RECORDS FOR THE EXERCISE: Begin
-- ===== src/Gateway/Deadline.antt =====
-- `next_deadline_ms` of gateway/src/main.cpp: how long the main loop may wait in `zsock_poll`.
use climate_node.Common.{
  ℕ, ◌+◌, ◌-◌, ◌^◌, ◌≤◌, ◌<◌, ◌≡◌, refl, ◌⊎◌, inl, inr, List, [], ◌∷◌, Option, none, some, ltb,
  if◌then◌else◌, arith, sym, ◌∙◌, subst,
}
use climate_node.Gateway.{SessionState, idle, connecting, serving, NodeSession}
use climate_node.Gateway.Pass.{Timely}

-- A session with what `mqtt_keepalive_time_left` returns for it, none if that is negative.
pub record Watched : Type 0 where
  pub session : NodeSession
  pub keepalive_left : Option ℕ

-- A deadline that has passed is due in 0 ms: subtraction stops there, as the code makes it.
due_in : SessionState → ℕ → Watched → Option ℕ
due_in idle now w = some (w.session.retry_at - now)
due_in connecting now w = some (w.session.connack_due - now)
due_in serving now w = w.keepalive_left

unfoldable pub due : ℕ → Watched → Option ℕ
unfolding due_in
due now w = due_in w.session.state now w

-- none stands for -1.
unfoldable pub nearest : Option ℕ → Option ℕ → Option ℕ
nearest best none = best
nearest none (some d) = some d
nearest (some best) (some d) = if ltb d best then some d else some best

unfoldable pub best_from : Option ℕ → ℕ → List Watched → Option ℕ
best_from best now [] = best
best_from best now (w ∷ ws) = best_from (nearest best (due now w)) now ws

unfoldable pub next_deadline_ms : ℕ → List Watched → Option ℕ
next_deadline_ms now ws = best_from none now ws

-- A deadline, if there is one, is at `o` or after.
abbrev pub Covers : Option ℕ → Option ℕ → Type 0
Covers o none = Unit {0}
Covers none (some d) = ⊥
Covers (some e) (some d) = e ≤ d

abbrev pub CoversAll : Option ℕ → ℕ → List Watched → Type 0
CoversAll o now [] = Unit {0}
CoversAll o now (w ∷ ws) = Covers o (due now w) × CoversAll o now ws

-- One of the sessions has `o` as its deadline.
abbrev pub Meets : Option ℕ → ℕ → List Watched → Type 0
Meets o now [] = ⊥
Meets o now (w ∷ ws) = (due now w ≡ o) ⊎ Meets o now ws

abbrev pub FitsInt : Option ℕ → Type 0
FitsInt none = Unit {0}
FitsInt (some d) = d < 2 ^ 31

Covers-refl : (o : Option ℕ) → Covers o o
Covers-refl none = tt
Covers-refl (some d) = omega arith

Covers-trans : (o p q : Option ℕ) → Covers o p → Covers p q → Covers o q
Covers-trans o p none h k = tt
Covers-trans none (some e) (some d) h k = h
Covers-trans none none (some d) h k = elim k [ ]
Covers-trans (some f) none (some d) h k = elim k [ ]
Covers-trans (some f) (some e) (some d) h k = omega arith

Covers-nearest : (o p : Option ℕ) → Covers (nearest o p) o × Covers (nearest o p) p
unfolding nearest
Covers-nearest o none = (Covers-refl o, tt)
Covers-nearest none (some d) = (tt, omega arith)
Covers-nearest (some e) (some d) = ground arith

nearest_either : (o p : Option ℕ) → (nearest o p ≡ o) ⊎ (nearest o p ≡ p)
unfolding nearest
nearest_either o none = inl refl
nearest_either none (some d) = inr refl
nearest_either (some e) (some d) = ground arith

Covers-best_from :
    (best : Option ℕ) (now : ℕ) (ws : List Watched)
    → Covers (best_from best now ws) best × CoversAll (best_from best now ws) now ws
unfolding best_from
Covers-best_from best now [] = (Covers-refl best, tt)
Covers-best_from best now (w ∷ ws) =
    let rest = Covers-best_from (nearest best (due now w)) now ws in
    let near = Covers-nearest best (due now w) in
    (Covers-trans _ _ best rest.0 near.0, (Covers-trans _ _ (due now w) rest.0 near.1, rest.1))

best_from_met :
    (best : Option ℕ) (now : ℕ) (ws : List Watched)
    → (best_from best now ws ≡ best) ⊎ Meets (best_from best now ws) now ws
unfolding best_from
best_from_met best now [] = inl refl
best_from_met best now (w ∷ ws) = elim (best_from_met (nearest best (due now w)) now ws) [
  | inr met ↦ inr (inr met)
  | inl same ↦ elim (nearest_either best (due now w)) [
    | inl e ↦ inl (same ∙ e)
    | inr e ↦ inr (inl (sym (same ∙ e)))
  ]
]

abbrev pub AllTimely : ℕ → List Watched → Type 0
AllTimely now [] = Unit {0}
AllTimely now (w ∷ ws) = (Timely now w.session × FitsInt w.keepalive_left) × AllTimely now ws

FitsInt-due_in :
    (q : SessionState) (w : Watched) (u now : ℕ)
    → u ≤ now + 2 ^ 30
    → Timely u w.session
    → FitsInt w.keepalive_left
    → FitsInt (due_in q now w)
unfolding due_in
FitsInt-due_in idle w u now h t k = omega arith
FitsInt-due_in connecting w u now h t k = omega arith
FitsInt-due_in serving w u now h t k = k

FitsInt-due :
    (w : Watched) (u now : ℕ)
    → u ≤ now + 2 ^ 30
    → Timely u w.session
    → FitsInt w.keepalive_left
    → FitsInt (due now w)
unfolding due
FitsInt-due w u now h t k = FitsInt-due_in w.session.state w u now h t k

FitsInt-best_from :
    (best : Option ℕ) (u now : ℕ) (ws : List Watched)
    → u ≤ now + 2 ^ 30
    → FitsInt best
    → AllTimely u ws
    → FitsInt (best_from best now ws)
unfolding best_from
FitsInt-best_from best u now [] h b t = b
FitsInt-best_from best u now (w ∷ ws) h b t =
    let d = FitsInt-due w u now h t.0.0 t.0.1 in
    FitsInt-best_from (nearest best (due now w)) u now ws h
      (elim (nearest_either best (due now w)) [
        | inl e ↦ subst FitsInt (sym e) b
        | inr e ↦ subst FitsInt (sym e) d
      ])
      t.1

-- Of sessions whose deadlines are no further ahead than the passes of the loop leave them, at an
-- uptime that may have moved on from `now` by the time that connecting takes (less than 2^30 ms), and
-- whose keepalive time is an int: the result is before or at every deadline, one of the sessions has
-- it, and it fits an int, so that the cast at the end changes nothing; there is no result, -1 in the
-- code, only if no session has a deadline.
pub next_deadline_ms_lem :
    (u now : ℕ) (ws : List Watched)
    → u ≤ now + 2 ^ 30
    → AllTimely u ws
    → let o = next_deadline_ms now ws in
      CoversAll o now ws × ((o ≡ none) ⊎ Meets o now ws) × FitsInt o
unfolding next_deadline_ms
next_deadline_ms_lem u now ws h t = (
  (Covers-best_from none now ws).1,
  best_from_met none now ws,
  FitsInt-best_from none u now ws h tt t,
)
RECORDS FOR THE EXERCISE: End
### INSTRUCTIONS TO FOLLOW
All the records, from the first line to the last: repeat them exactly.

### SOLUTION TO THE EXERCISE
-- ===== src/Gateway/Deadline.antt =====
-- `next_deadline_ms` of gateway/src/main.cpp: how long the main loop may wait in `zsock_poll`.
use climate_node.Common.{
  ℕ, ◌+◌, ◌-◌, ◌^◌, ◌≤◌, ◌<◌, ◌≡◌, refl, ◌⊎◌, inl, inr, List, [], ◌∷◌, Option, none, some, ltb,
  if◌then◌else◌, arith, sym, ◌∙◌, subst,
}
use climate_node.Gateway.{SessionState, idle, connecting, serving, NodeSession}
use climate_node.Gateway.Pass.{Timely}

-- A session with what `mqtt_keepalive_time_left` returns for it, none if that is negative.
pub record Watched : Type 0 where
  pub session : NodeSession
  pub keepalive_left : Option ℕ

-- A deadline that has passed is due in 0 ms: subtraction stops there, as the code makes it.
due_in : SessionState → ℕ → Watched → Option ℕ
due_in idle now w = some (w.session.retry_at - now)
due_in connecting now w = some (w.session.connack_due - now)
due_in serving now w = w.keepalive_left

unfoldable pub due : ℕ → Watched → Option ℕ
unfolding due_in
due now w = due_in w.session.state now w

-- none stands for -1.
unfoldable pub nearest : Option ℕ → Option ℕ → Option ℕ
nearest best none = best
nearest none (some d) = some d
nearest (some best) (some d) = if ltb d best then some d else some best

unfoldable pub best_from : Option ℕ → ℕ → List Watched → Option ℕ
best_from best now [] = best
best_from best now (w ∷ ws) = best_from (nearest best (due now w)) now ws

unfoldable pub next_deadline_ms : ℕ → List Watched → Option ℕ
next_deadline_ms now ws = best_from none now ws

-- A deadline, if there is one, is at `o` or after.
abbrev pub Covers : Option ℕ → Option ℕ → Type 0
Covers o none = Unit {0}
Covers none (some d) = ⊥
Covers (some e) (some d) = e ≤ d

abbrev pub CoversAll : Option ℕ → ℕ → List Watched → Type 0
CoversAll o now [] = Unit {0}
CoversAll o now (w ∷ ws) = Covers o (due now w) × CoversAll o now ws

-- One of the sessions has `o` as its deadline.
abbrev pub Meets : Option ℕ → ℕ → List Watched → Type 0
Meets o now [] = ⊥
Meets o now (w ∷ ws) = (due now w ≡ o) ⊎ Meets o now ws

abbrev pub FitsInt : Option ℕ → Type 0
FitsInt none = Unit {0}
FitsInt (some d) = d < 2 ^ 31

Covers-refl : (o : Option ℕ) → Covers o o
Covers-refl none = tt
Covers-refl (some d) = omega arith

Covers-trans : (o p q : Option ℕ) → Covers o p → Covers p q → Covers o q
Covers-trans o p none h k = tt
Covers-trans none (some e) (some d) h k = h
Covers-trans none none (some d) h k = elim k [ ]
Covers-trans (some f) none (some d) h k = elim k [ ]
Covers-trans (some f) (some e) (some d) h k = omega arith

Covers-nearest : (o p : Option ℕ) → Covers (nearest o p) o × Covers (nearest o p) p
unfolding nearest
Covers-nearest o none = (Covers-refl o, tt)
Covers-nearest none (some d) = (tt, omega arith)
Covers-nearest (some e) (some d) = ground arith

nearest_either : (o p : Option ℕ) → (nearest o p ≡ o) ⊎ (nearest o p ≡ p)
unfolding nearest
nearest_either o none = inl refl
nearest_either none (some d) = inr refl
nearest_either (some e) (some d) = ground arith

Covers-best_from :
    (best : Option ℕ) (now : ℕ) (ws : List Watched)
    → Covers (best_from best now ws) best × CoversAll (best_from best now ws) now ws
unfolding best_from
Covers-best_from best now [] = (Covers-refl best, tt)
Covers-best_from best now (w ∷ ws) =
    let rest = Covers-best_from (nearest best (due now w)) now ws in
    let near = Covers-nearest best (due now w) in
    (Covers-trans _ _ best rest.0 near.0, (Covers-trans _ _ (due now w) rest.0 near.1, rest.1))

best_from_met :
    (best : Option ℕ) (now : ℕ) (ws : List Watched)
    → (best_from best now ws ≡ best) ⊎ Meets (best_from best now ws) now ws
unfolding best_from
best_from_met best now [] = inl refl
best_from_met best now (w ∷ ws) = elim (best_from_met (nearest best (due now w)) now ws) [
  | inr met ↦ inr (inr met)
  | inl same ↦ elim (nearest_either best (due now w)) [
    | inl e ↦ inl (same ∙ e)
    | inr e ↦ inr (inl (sym (same ∙ e)))
  ]
]

abbrev pub AllTimely : ℕ → List Watched → Type 0
AllTimely now [] = Unit {0}
AllTimely now (w ∷ ws) = (Timely now w.session × FitsInt w.keepalive_left) × AllTimely now ws

FitsInt-due_in :
    (q : SessionState) (w : Watched) (u now : ℕ)
    → u ≤ now + 2 ^ 30
    → Timely u w.session
    → FitsInt w.keepalive_left
    → FitsInt (due_in q now w)
unfolding due_in
FitsInt-due_in idle w u now h t k = omega arith
FitsInt-due_in connecting w u now h t k = omega arith
FitsInt-due_in serving w u now h t k = k

FitsInt-due :
    (w : Watched) (u now : ℕ)
    → u ≤ now + 2 ^ 30
    → Timely u w.session
    → FitsInt w.keepalive_left
    → FitsInt (due now w)
unfolding due
FitsInt-due w u now h t k = FitsInt-due_in w.session.state w u now h t k

FitsInt-best_from :
    (best : Option ℕ) (u now : ℕ) (ws : List Watched)
    → u ≤ now + 2 ^ 30
    → FitsInt best
    → AllTimely u ws
    → FitsInt (best_from best now ws)
unfolding best_from
FitsInt-best_from best u now [] h b t = b
FitsInt-best_from best u now (w ∷ ws) h b t =
    let d = FitsInt-due w u now h t.0.0 t.0.1 in
    FitsInt-best_from (nearest best (due now w)) u now ws h
      (elim (nearest_either best (due now w)) [
        | inl e ↦ subst FitsInt (sym e) b
        | inr e ↦ subst FitsInt (sym e) d
      ])
      t.1

-- Of sessions whose deadlines are no further ahead than the passes of the loop leave them, at an
-- uptime that may have moved on from `now` by the time that connecting takes (less than 2^30 ms), and
-- whose keepalive time is an int: the result is before or at every deadline, one of the sessions has
-- it, and it fits an int, so that the cast at the end changes nothing; there is no result, -1 in the
-- code, only if no session has a deadline.
pub next_deadline_ms_lem :
    (u now : ℕ) (ws : List Watched)
    → u ≤ now + 2 ^ 30
    → AllTimely u ws
    → let o = next_deadline_ms now ws in
      CoversAll o now ws × ((o ≡ none) ⊎ Meets o now ws) × FitsInt o
unfolding next_deadline_ms
next_deadline_ms_lem u now ws h t = (
  (Covers-best_from none now ws).1,
  best_from_met none now ws,
  FitsInt-best_from none u now ws h tt t,
)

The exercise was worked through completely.